UNITED STATES DISTRICT COURT NORTHERN DISTRICT OF OHIO EASTERN DIVISION
Aug 10, 2020
CASE NO. 1:20 CV 00554 (N.D. Ohio Aug. 10, 2020)

Opinion

CASE NO. 1:20 CV 00554

08-10-2020

Jayson Rogers, Plaintiff, v. Interstate National Dealer Services Inc., et al., Defendants.


Memorandum of Opinion and Order

INTRODUCTION

This matter is before the Court upon defendant Interstate National Dealer Services, Inc.'s Motion to Dismiss (Doc. 7). This case arises out of the Telephone Consumer Protection Act, 47 U.S.C. § 227 et seq. ("TCPA"). For the reasons that follow, defendant Interstate National Dealer Services' Motion to Dismiss is DENIED.

FACTS

Plaintiff, Jayson Rogers, filed this lawsuit on behalf of himself and all other similarly situated individuals, against defendants Interstate National Dealer Services, Inc. ("Dealer Services") and John Doe Corporation ("John Doe"), asserting violations under the TCPA.

For purposes of ruling on the pending motion, the facts asserted in the Complaint are presumed to be true.

Dealer Services is a nationwide provider of automotive extended protection plans. Dealer Services utilizes widespread telemarketing to solicit new customers and hired defendant John Doe to originate new customers.
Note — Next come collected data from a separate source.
-- ===== src/Aggregate/Entities/Sets/Diffs.antt =====
-- The difference of two sets leads from the old one to the new one.
use minos_python.Base.{
  ℕ, ◌≡◌, refl, sym, ap, ◌∙◌, Bool, true, false, not, ◌&&◌, ◌||◌, Option, none, some, List, [], ◌∷◌,
  ◌++◌, map, arith, ◌==◌, if◌then◌else◌, select_if, any_of-append, contains, inl, inr, Bool-cases,
  Option-cases,
}
use minos_python.Aggregate.Store.{Uuid, EventAction, create, update, delete}
use minos_python.Aggregate.Entities.Sets.{
  ValueEntity, add_value, discard_value, find_entity, is_some, has_entity, add_entity,
  discard_entity, SetChange, changed, minus, minus_entities, is_same, modified, value_diff,
  entity_diff, apply_change, apply_changes, apply_value_diff, apply_entity_diff,
}

apply_changes-append :
    {T : Type 0} (add discard : T → List T → List T) (cs ds : List (SetChange T)) (l : List T)
    → apply_changes add discard (cs ++ ds) l
      ≡ apply_changes add discard ds (apply_changes add discard cs l)
apply_changes-append add discard [] ds l = refl
apply_changes-append add discard (c ∷ cs) ds l =
    apply_changes-append add discard cs ds (apply_change add discard c l)

contains-select_if :
    (p : ℕ → Bool) (x : ℕ) (xs : List ℕ) → contains x (select_if p xs) ≡ contains x xs && p x
contains-select_if p x [] = refl
contains-select_if p x (y ∷ ys) = elim (Bool-cases (x == y)) [
  | inl same ↦
      let e : x ≡ y = ground arith in
      rw (same, ap p e) (ground (arith, contains-select_if p x ys, ap p e))
  | inr other ↦ ground (arith, contains-select_if p x ys)
]

contains-created :
    (x : ℕ) (vs xs : List ℕ)
    → contains x (apply_changes add_value discard_value (map (changed create) vs) xs)
      ≡ contains x xs || contains x vs
contains-created x [] xs = ground arith
contains-created x (v ∷ vs) xs =
    contains-created x vs (add_value v xs) ∙ ground (arith, any_of-append (λ m. x == m) xs (v ∷ []))

contains-deleted :
    (x : ℕ) (vs xs : List ℕ)
    → contains x (apply_changes add_value discard_value (map (changed delete) vs) xs)
      ≡ contains x xs && not (contains x vs)
contains-deleted x [] xs = ground arith
contains-deleted x (v ∷ vs) xs =
    contains-deleted x vs (discard_value v xs)
    ∙ ground (arith, contains-select_if (λ y. not (v == y)) x xs)

-- The difference of two sets of value objects, applied to the old one, gives the members of the new
-- one.
pub apply_value_diff-value_diff :
    (new old : List ℕ) (x : ℕ)
    → contains x (apply_value_diff (value_diff new old) old) ≡ contains x new
unfolding apply_value_diff value_diff
apply_value_diff-value_diff new old x =
    let mid = apply_changes add_value discard_value (map (changed create) (minus new old)) old in
    let deletes = map (changed delete) (minus old new) in
    ap (contains x) (
      apply_changes-append add_value discard_value (map (changed create) (minus new old)) deletes
        old)
    ∙ contains-deleted x (minus old new) mid
    ∙ ground (
      arith,
      contains-created x (minus new old) old,
      contains-select_if (λ y. not (contains y old)) x new,
      contains-select_if (λ y. not (contains y new)) x old,
    )

-- No two entities of the list have the same identifier.
abbrev pub IsKeyed : List ValueEntity → Type 0
IsKeyed [] = Unit
IsKeyed (e ∷ es) = (has_entity e.uuid es ≡ false) × IsKeyed es

abbrev or_else : Option ValueEntity → Option ValueEntity → Option ValueEntity
or_else none o = o
or_else (some e) o = some e

abbrev keep_if : (ValueEntity → Bool) → Option ValueEntity → Option ValueEntity
keep_if p none = none
keep_if p (some e) = if p e then some e else none

find-has : (u : Uuid) (es : List ValueEntity) → has_entity u es ≡ false → find_entity u es ≡ none
find-has u es h = elim (Option-cases (find_entity u es)) [
  | inl e ↦ e
  | inr (a, e) ↦ absurd (cc (ap is_some e))
]

find-add :
    (u : Uuid) (e : ValueEntity) (es : List ValueEntity)
    → find_entity u (add_entity e es) ≡ (if e.uuid == u then some e else find_entity u es)
find-add u e [] = refl
find-add u e (x ∷ es) = ground (arith, find-add u e es)

find-discard :
    (u : Uuid) (e : ValueEntity) (es : List ValueEntity)
    → find_entity u (discard_entity e es) ≡ (if e.uuid == u then none else find_entity u es)
find-discard u e [] = ground arith
find-discard u e (x ∷ es) = ground (arith, find-discard u e es)

find_uuid :
    (u : Uuid) (es : List ValueEntity) (e : ValueEntity) → find_entity u es ≡ some e → e.uuid ≡ u
find_uuid u [] e h = cc
find_uuid u (x ∷ es) e h = ground (arith, find_uuid u es e)

find-select_if-none :
    (u : Uuid) (p : ValueEntity → Bool) (es : List ValueEntity)
    → find_entity u es ≡ none
    → find_entity u (select_if p es) ≡ none
find-select_if-none u p [] h = refl
find-select_if-none u p (x ∷ es) h = ground (arith, find-select_if-none u p es)

find-select_if :
    (u : Uuid) (p : ValueEntity → Bool) (es : List ValueEntity)
    → IsKeyed es
    → find_entity u (select_if p es) ≡ keep_if p (find_entity u es)
find-select_if u p [] h = refl
find-select_if u p (x ∷ es) h = elim (Bool-cases (x.uuid == u)) [
  | inl same ↦
      let e : x.uuid ≡ u = ground arith in
      let gone : find_entity u es ≡ none =
        find-has u es (ap (λ v. has_entity v es) (sym e) ∙ h.0) in
      ground (arith, find-select_if-none u p es gone)
  | inr other ↦ ground (arith, find-select_if u p es h.1)
]

IsKeyed-select_if :
    (p : ValueEntity → Bool) (es : List ValueEntity) → IsKeyed es → IsKeyed (select_if p es)
IsKeyed-select_if p [] h = tt
IsKeyed-select_if p (x ∷ es) h = elim (Bool-cases (p x)) [
  | inl yes_p ↦ rw yes_p (
    ap is_some (find-select_if-none x.uuid p es (find-has x.uuid es h.0)),
    IsKeyed-select_if p es h.1,
  )
  | inr no_p ↦ rw no_p (IsKeyed-select_if p es h.1)
]

find-added :
    (action : EventAction) (u : Uuid) (l es : List ValueEntity)
    → ((e : ValueEntity) (xs : List ValueEntity)
        → apply_change add_entity discard_entity (changed action e) xs ≡ add_entity e xs)
    → IsKeyed l
    → find_entity u (apply_changes add_entity discard_entity (map (changed action) l) es)
      ≡ or_else (find_entity u l) (find_entity u es)
find-added action u [] es adds h = refl
find-added action u (e ∷ l) es adds h =
    ap (λ k. find_entity u (apply_changes add_entity discard_entity (map (changed action) l) k))
      (adds e es)
    ∙ find-added action u l (add_entity e es) adds h.1
    ∙ ap (or_else (find_entity u l)) (find-add u e es)
    ∙ elim (Bool-cases (e.uuid == u)) [
      | inl same ↦
          let q : e.uuid ≡ u = ground arith in
          rw (same, find-has u l (ap (λ v. has_entity v l) (sym q) ∙ h.0))
      | inr other ↦ rw other
    ]

find-deleted :
    (u : Uuid) (l es : List ValueEntity)
    → find_entity u (apply_changes add_entity discard_entity (map (changed delete) l) es)
      ≡ (if has_entity u l then none else find_entity u es)
find-deleted u [] es = refl
find-deleted u (e ∷ l) es =
    find-deleted u l (discard_entity e es) ∙ ground (arith, find-discard u e es)

same_entity : (e o : ValueEntity) → e.uuid ≡ o.uuid → e.content ≡ o.content → e ≡ o
same_entity e o h g = ground arith

-- The part of the difference that `find-entity_diff` puts together, at one identifier.
joined :
    (new old : List ValueEntity) (u : Uuid)
    → or_else
        (keep_if
          (λ (e : ValueEntity). has_entity e.uuid old && not (is_same e (find_entity e.uuid old)))
          (find_entity u new))
        (if is_some (keep_if (λ (e : ValueEntity). not (has_entity e.uuid new)) (find_entity u old))
          then none
          else or_else
              (keep_if (λ (e : ValueEntity). not (has_entity e.uuid old)) (find_entity u new))
              (find_entity u old))
      ≡ find_entity u new
joined new old u = elim (Option-cases (find_entity u new)) [
  | inl gone ↦ elim (Option-cases (find_entity u old)) [
    | inl none_old ↦ rw (gone, none_old)
    | inr (o, found) ↦
        let q = find_uuid u old o found in
        let lost : has_entity o.uuid new ≡ false = rw (q, gone) in rw (gone, found, lost)
  ]
  | inr (e, got) ↦
      let q = find_uuid u new e got in
      elim (Option-cases (find_entity u old)) [
        | inl none_old ↦
            let new_one : find_entity e.uuid old ≡ none = rw (q, none_old) in
            rw (got, none_old, new_one)
        | inr (o, found) ↦
            let q' = find_uuid u old o found in
            let both : find_entity e.uuid old ≡ some o = rw (q, found) in
            let here : has_entity o.uuid new ≡ true = rw (q', got) in
            elim (Bool-cases (is_same e (some o))) [
              | inl same ↦ rw (got, found, both, here, same) (ap some (ground arith))
              | inr other ↦ rw (got, found, both, here, other)
            ]
      ]
]

-- The difference of two entity sets, applied to the old one, gives the new one: under every
-- identifier there is the same entity, or none. The entities of each set have distinct identifiers.
pub apply_entity_diff-entity_diff :
    (new old : List ValueEntity) (u : Uuid)
    → IsKeyed new
    → IsKeyed old
    → find_entity u (apply_entity_diff (entity_diff new old) old) ≡ find_entity u new
unfolding apply_entity_diff entity_diff
apply_entity_diff-entity_diff new old u keyed keyed_old =
    let creates = map (changed create) (minus_entities new old) in
    let deletes = map (changed delete) (minus_entities old new) in
    let updates = map (changed update) (modified new old) in
    let s₁ = apply_changes add_entity discard_entity creates old in
    let s₂ = apply_changes add_entity discard_entity deletes s₁ in
    ap (find_entity u) (
      apply_changes-append add_entity discard_entity creates (deletes ++ updates) old
      ∙ apply_changes-append add_entity discard_entity deletes updates s₁)
    ∙ find-added update u (modified new old) s₂ (λ e xs. refl) (IsKeyed-select_if _ new keyed)
    ∙ rw
        (
          find-deleted u (minus_entities old new) s₁,
          find-added create u (minus_entities new old) old (λ e xs. refl)
              (IsKeyed-select_if _ new keyed),
          find-select_if u
              (λ (e : ValueEntity).
                has_entity e.uuid old && not (is_same e (find_entity e.uuid old)))
              new keyed,
          find-select_if u (λ (e : ValueEntity). not (has_entity e.uuid new)) old keyed_old,
          find-select_if u (λ (e : ValueEntity). not (has_entity e.uuid old)) new keyed,
        )
        (joined new old u)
On September 25, 2019, John Doe initiated a pre-recorded telemarketing call to plaintiff's cellular telephone number to promote Dealer Services. This phone call "used an artificial or pre-recorded voice and stated that John Doe Corporation was calling to offer plaintiff an 'extended warranty.'" Plaintiff pressed "1" on his cell phone to speak to a live person and was connected with one of John Doe's telephone representatives. The representative asked plaintiff the make, model, and milage of his automobile. The representative then proceeded to offer a quote from one of Dealer Services' "Star Auto" extended protection plans. Plaintiff asked the representative "who serviced or provided the plan, and John Doe's phone representative again stated that the plan was administered by Dealer Services and provided the URL for" Dealer Services' website. Plaintiff has never provided prior express written consent to defendants to receive pre-recorded calls on his cell number.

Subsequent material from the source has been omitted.